Date and Time
Bath Royal Literary and Scientific Institution, 16-18 Queen Square, Bath BA1 2HN
The 2004 magnitude 9.1 earthquake and resulting tsunami originated on the subduction zone margin offshore North Sumatra (part of the Sunda subduction zone system). The resulting tsunami killed more than 200,000 people, devastating large coastal regions around the Indian Ocean, in particular in North Sumatra (Aceh) and Thailand.
Since the earthquake, a large number of countries, in collaboration with Indonesia, have invested in collection of geological and geophysical data in order to better understand the structure of this subduction zone and its potential for large earthquakes and tsunami. The data are also important for a general understanding of these processes and of other subduction zones worldwide. The UK has played a significant role in this effort. This talk will show some of the results of data collected in projects over the last few years, including those led by UK scientists. This includes marine geophysical data that images below the seafloor to show the structure of the subduction zone and the properties of the faults that move and generate the earthquakes. Sediment cores sampling the upper few metres below the seafloor have also been collected to see where submarine sediment flows were triggered by the earthquake shaking in 2004 and in previous earthquakes.
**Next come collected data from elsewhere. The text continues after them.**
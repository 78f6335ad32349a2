-- ===== src/KvLog/Address.antt =====
-- `last_log_offest` of src/nali_kvlog.h: where a log lies, packed into 64 bits.
use nali.Prelude.{ℕ, ◌+◌, ◌*◌, ◌/◌, ◌%◌, ◌^◌, ◌<◌, ◌≡◌, arith}

pub record LastLogOffest : Type 0 where
  pub vlen : ℕ
  pub numa_id : ℕ
  pub ppage_id : ℕ
  pub log_offset : ℕ

-- `(addr_info & vlen_mask) >> 48`, and so on, each cut to the width of its field
unfoldable pub of_uint64 : ℕ → LastLogOffest
of_uint64 addr_info = record {
  vlen = addr_info / 2 ^ 48 % 2 ^ 16;
  numa_id = addr_info / 2 ^ 40 % 2 ^ 8;
  ppage_id = addr_info / 2 ^ 32 % 2 ^ 8;
  log_offset = addr_info % 2 ^ 32;
}

-- The shifted fields share no bits, so `|` of them is their sum.
unfoldable pub to_uint64 : LastLogOffest → ℕ
to_uint64 x = x.vlen * 2 ^ 48 + x.numa_id * 2 ^ 40 + x.ppage_id * 2 ^ 32 + x.log_offset

-- Every field has the width of its type.
pub record Fits (x : LastLogOffest) : Type 0 where
  pub vlen : x.vlen < 2 ^ 16
  pub numa_id : x.numa_id < 2 ^ 8
  pub ppage_id : x.ppage_id < 2 ^ 8
  pub log_offset : x.log_offset < 2 ^ 32

-- An address whose fields have the widths of their types is read back from its packed form.
pub of_uint64-to_uint64 : (x : LastLogOffest) → Fits x → of_uint64 (to_uint64 x) ≡ x
unfolding of_uint64 to_uint64
of_uint64-to_uint64 x f =
    let v = f.vlen in
    let n = f.numa_id in
    let p = f.ppage_id in
    let o = f.log_offset in
    let a = to_uint64 x in
    let v' : a / 2 ^ 48 % 2 ^ 16 ≡ x.vlen = omega arith in
    let n' : a / 2 ^ 40 % 2 ^ 8 ≡ x.numa_id = omega arith in
    let p' : a / 2 ^ 32 % 2 ^ 8 ≡ x.ppage_id = omega arith in
    let o' : a % 2 ^ 32 ≡ x.log_offset = omega arith in
    λ i. record { vlen = v' i; numa_id = n' i; ppage_id = p' i; log_offset = o' i }

-- A number below 2 ^ 64 is the packed form of the address that is read from it.
pub to_uint64-of_uint64 : (n : ℕ) → n < 2 ^ 64 → to_uint64 (of_uint64 n) ≡ n
unfolding of_uint64 to_uint64
to_uint64-of_uint64 n h = omega arith

pub Fits-of_uint64 : (n : ℕ) → Fits (of_uint64 n)
unfolding of_uint64
Fits-of_uint64 n = record {
  vlen = omega arith;
  numa_id = omega arith;
  ppage_id = omega arith;
  log_offset = omega arith;
}

pub to_uint64_lt : (x : LastLogOffest) → Fits x → to_uint64 x < 2 ^ 64
unfolding to_uint64
to_uint64_lt x f =
    let v = f.vlen in let n = f.numa_id in let p = f.ppage_id in let o = f.log_offset in omega arith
Finally, in 2016, an expedition of the international Integrated Ocean Discovery Program (IODP: scientific ocean drilling) drilled the sediments coming into the subduction zone. These sediments, which originate from the Himalaya and Tibetan Plateau, form the tectonic plate boundary fault – their properties ultimately control the behaviour of the fault. Drilling and sampling of these sediments has now provided information about the properties of the fault zone and why it generated such a large earthquake and tsunami.